Prove that $\lim_{n \rightarrow \infty} \frac{1}{n} = 0$.

Scratch work:
In order to find $M$, the first thing we have to notice is that

$$ \left| \frac{1}{n}-0 \right| < \epsilon \Longrightarrow \left| \frac{1}{n} \right| < \epsilon \Longrightarrow \frac{1}{n} < \epsilon \Longrightarrow \frac{1}{\epsilon} < n.$$

From this, we will set in the proof that $M= \frac{1}{\epsilon} $.

Let $\epsilon >0$ be an arbitrary real number.
Let $M= \frac{1}{\epsilon} $, from which we have that $\epsilon = \frac{1}{M}$.
Let $m$ be an arbitrary natural number, and assume that $m > M$. Thus, $\frac{1}{m} < \frac{1}{M}$. Hence,
$$ \left| \frac{1}{m} - 0 \right| = \left| \frac{1}{m} \right| = \frac{1}{m} < \frac{1}{M} = \epsilon.$$ $\square$


To state it precisely, I do have the feeling that between scratch work and proof, I can prove whatever I want, in particular false statements.

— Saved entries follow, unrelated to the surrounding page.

-- ===== src/Auth/Links.antt =====
-- Linking a Discord account (lobby-server/src/db/sessions.rs).
use mathlib.Core.Option
use steam_lobby.Prelude.{
  ◌+◌, String, Bool, not, Option, none, some, is_some, ltb, if◌then◌else◌, put, modify,
}
use steam_lobby.Core.Types.{Uuid, DateTime}
use steam_lobby.Core.Action.{Action, pure, gets, modifies, transaction, ◌>>=◌, ◌>>◌}
use steam_lobby.Auth.State.{
  Auth, Hash, Secret, NativeSession, ProviderSession, LinkIntent, LinkStatus, Handoff, new_id,
  minutes, insert_if_new, is_live,
}
use steam_lobby.Auth.Sessions.{row_where, is_live_native, browser_of}
use steam_lobby.Auth.Accounts.{has_account_in}

pub data LinkIntentError : Type 0 where
  expired replayed session_mismatch steam_required : LinkIntentError

pub data Intent : Type 0 where
  intent : Uuid → String → Intent
  refused : LinkIntentError → Intent

abbrev new_intent : Uuid → String → Hash → Option Uuid → Option Uuid → DateTime → LinkIntent
new_intent user kind proof browser native now = record {
  user_id = user;
  kind = kind;
  provider_session_hash = proof;
  browser_session_id = browser;
  native_session_id = native;
  status = LinkStatus.pending;
  expires_at = now + minutes 5;
}

-- INSERT INTO link_intents … RETURNING id
abbrev insert_intent : (DateTime → LinkIntent) → Action Auth Uuid
insert_intent row = do
  id ← new_id
  taken ← gets (λ s. is_some (s.link_intents id))
  insert_if_new taken (λ s. record s { link_intents = put id (row s.now) s.link_intents })
  pure id

-- `token_hash` is SHA-256, and `encode` the text of the 32 bytes of two UUIDs
module _ (token_hash : Secret → Hash) (encode : Uuid → Uuid → Secret) where
  abbrev pub opaque_token : Action Auth Secret
  opaque_token = do first ← new_id; second ← new_id; pure (encode first second)

  -- INSERT INTO provider_sessions
  abbrev insert_proof : Hash → String → String → Action Auth (Unit {0})
  insert_proof h uid name = do
    taken ← gets (λ s. is_some (s.provider_sessions h))
    insert_if_new taken (λ s. record s {
      provider_sessions =
          put h
            (record {
              provider_uid = uid;
              display_name = name;
              expires_at = s.now + minutes 5;
              consumed_at = none;
            })
            s.provider_sessions;
    })

  unfoldable pub create_provider_proof : String → String → Action Auth Secret
  create_provider_proof uid name = do
    nonce ← opaque_token
    insert_proof (token_hash nonce) uid name
    pure nonce

  abbrev intent_on : Option ProviderSession → Uuid → Uuid → Hash → Action Auth Intent
  intent_on none user session h = pure (refused LinkIntentError.expired)
  intent_on (some proof) user session h = do
    now ← gets (λ s. s.now)
    if is_some proof.consumed_at
        then pure (refused LinkIntentError.replayed)
        else if not (ltb now proof.expires_at)
        then pure (refused LinkIntentError.expired)
        else (do
          id ← insert_intent (new_intent user "browser" h (some session) none)
          pure (intent id proof.display_name))

  unfoldable pub create_browser_link_intent : Uuid → Uuid → Secret → Action Auth Intent
  create_browser_link_intent user session proof = transaction do
    live ← gets (λ s. is_some (row_where (browser_of user s.now) (s.browser_sessions session)))
    steam ← gets (λ s. has_account_in user "steam" s.accounts)
    row ← gets (λ s. s.provider_sessions (token_hash proof))
    if not live
        then pure (refused LinkIntentError.session_mismatch)
        else if not steam
        then pure (refused LinkIntentError.steam_required)
        else intent_on row user session (token_hash proof)

  unfoldable pub create_oauth_handoff : Uuid → Action Auth Secret
  create_oauth_handoff native = do
    state ← opaque_token
    taken ← gets (λ s. is_some (s.handoffs (token_hash state)))
    insert_if_new taken (λ s. record s {
      handoffs =
          put (token_hash state)
            (record {
              native_session_id = native;
              expires_at = s.now + minutes 5;
              consumed_at = none;
            })
            s.handoffs;
    })
    pure state

  abbrev pub is_open_handoff : DateTime → Handoff → Bool
  is_open_handoff now h = is_live h.expires_at h.consumed_at now

  -- oauth_handoffs h JOIN native_sessions ns, both open
  abbrev joined : Option Handoff → Auth → Option (Uuid × NativeSession)
  joined none s = none
  joined (some h) s =
      Option.map (λ ns. (h.native_session_id, ns))
        (row_where (is_live_native s.now) (s.native_sessions h.native_session_id))

  abbrev pub open_handoff : Hash → Auth → Option (Uuid × NativeSession)
  open_handoff h s = joined (row_where (is_open_handoff s.now) (s.handoffs h)) s

  unfoldable pub peek_oauth_handoff : Secret → Action Auth (Option Uuid)
  peek_oauth_handoff state = gets λ s. Option.map (λ r. r.0) (open_handoff (token_hash state) s)

  abbrev complete_on :
      Option (Uuid × NativeSession) → Hash → String → String → Action Auth (Option Uuid)
  complete_on none h uid name = pure none
  complete_on (some (session, ns)) h uid name = do
    proof ← opaque_token
    insert_proof (token_hash proof) uid name
    id ← insert_intent (new_intent ns.user_id "native" (token_hash proof) none (some session))
    modifies (λ s. record s {
      handoffs = modify h (λ x. record x { consumed_at = some s.now }) s.handoffs;
    })
    pure (some id)

  unfoldable pub complete_native_handoff : Secret → String → String → Action Auth (Option Uuid)
  complete_native_handoff state uid name =
      transaction
        do row ← gets (open_handoff (token_hash state)); complete_on row (token_hash state) uid name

Prove that $\lim_{n \rightarrow \infty} \frac{1}{n} = 1$.

Scratch work:
In order to find $M$, the first thing we have to notice is that

$$ \left| \frac{1}{n}-1 \right| = \left| \frac{1-n}{n} \right| = \frac{1-n}{n} < \epsilon \Longrightarrow n > \frac{1}{1 + \epsilon}.$$

From this, we will set in the proof that $M= \frac{1}{\epsilon + 1} $.

Let $\epsilon >0$ be an arbitrary real number.
Let $M= \frac{1}{\epsilon + 1} $, from which we have that $\epsilon = \frac{1-M}{M}$.
Let $m$ be an arbitrary natural number, and assume that $m > M$, that is $m > \frac{1}{\epsilon + 1}$ and $\frac{1}{m} < \frac{1}{M}$.
Hence, from $m > \frac{1}{\epsilon + 1}$ we get that $\frac{1 - m}{m} < \epsilon$, that after some algebraic manipulations gives us

$$ \left| \frac{1}{m} - 1 \right| < \epsilon.$$ $\square$

Some thoughts
There is (or maybe there are) an obvious mistake that I simply cannot see. Rephrasing my problem, I feel that after that I get the value of $M$ out of the scratch work, no matter if it comes from a reasonable limit or not, it's basically done. I assume that $m > M$ and, due to the fact that this implies that $m$ has to be higher than a certain expression with $\epsilon$, I always go back to the original formula, vacously (and wrongly) "proving" the result.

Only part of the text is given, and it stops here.